DIRECTIONS ::
Count, in the data that follows, every line with the string "true", and give that count as the whole reply.

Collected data
==========
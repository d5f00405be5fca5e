-- ===== src/Lexer/Stream.antt =====
-- The bytes that the scanner of lexer.go has still to read, and what its moves do to them. The
-- one byte of lookahead and the end-of-input flag disappear in this view.
use edifact_parser.Base.{
  ℕ, ◌≤◌, Bool, true, false, [], ◌∷◌, ◌≡◌, refl, arith, Bytes, length, ◌==◌, if◌then◌else◌,
}
use edifact_parser.Delimiters.{Delimiters}
use edifact_parser.Lexer.{new_lexer, Lexer, advance, rounds}

-- A zero byte ends the input for the scanner.
abbrev pub until_nul : Bytes → Bytes
until_nul [] = []
until_nul (c ∷ cs) = if c == 0 then [] else c ∷ until_nul cs

abbrev pub ahead : Lexer → Bytes
ahead l = if l.at_eof then [] else l.reader

pub view : Lexer → Bytes
view l = until_nul (l.current ∷ l.peek ∷ ahead l)

pub view-advance : (l : Lexer) → (l.current == 0) ≡ false → view l ≡ l.current ∷ view (advance l)
unfolding view advance
view-advance l h = ground arith

pub view-eof : (l : Lexer) → (l.current == 0) ≡ true → view l ≡ []
unfolding view
view-eof l h = ground arith

pub length-until_nul : (bs : Bytes) → length (until_nul bs) ≤ length bs
length-until_nul [] = omega arith
length-until_nul (c ∷ cs) = ground (arith, length-until_nul cs)

pub view-le-rounds : (l : Lexer) → length (view l) ≤ rounds l
unfolding view
view-le-rounds l = ground (arith, length-until_nul (l.reader))

pub view-set_flags :
    (l : Lexer) (after start : Bool)
    → view (record l { after_segment_end = after; at_segment_start = start }) ≡ view l
unfolding view
view-set_flags l after start = refl

pub view-new_lexer : (bs : Bytes) (d : Delimiters) → view (new_lexer bs d) ≡ until_nul bs
unfolding view new_lexer
view-new_lexer [] d = refl
view-new_lexer (c ∷ []) d = ground arith
view-new_lexer (c ∷ e ∷ cs) d = refl

-- The byte at hand is the first that remains.
pub view-cons :
    (l : Lexer) {c : ℕ} {cs : Bytes}
    → view l ≡ c ∷ cs
    → ((l.current == 0) ≡ false) × (l.current ≡ c)
unfolding view
view-cons l h = ground arith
==========
SOLUTION TO THIS EXERCISE ::
2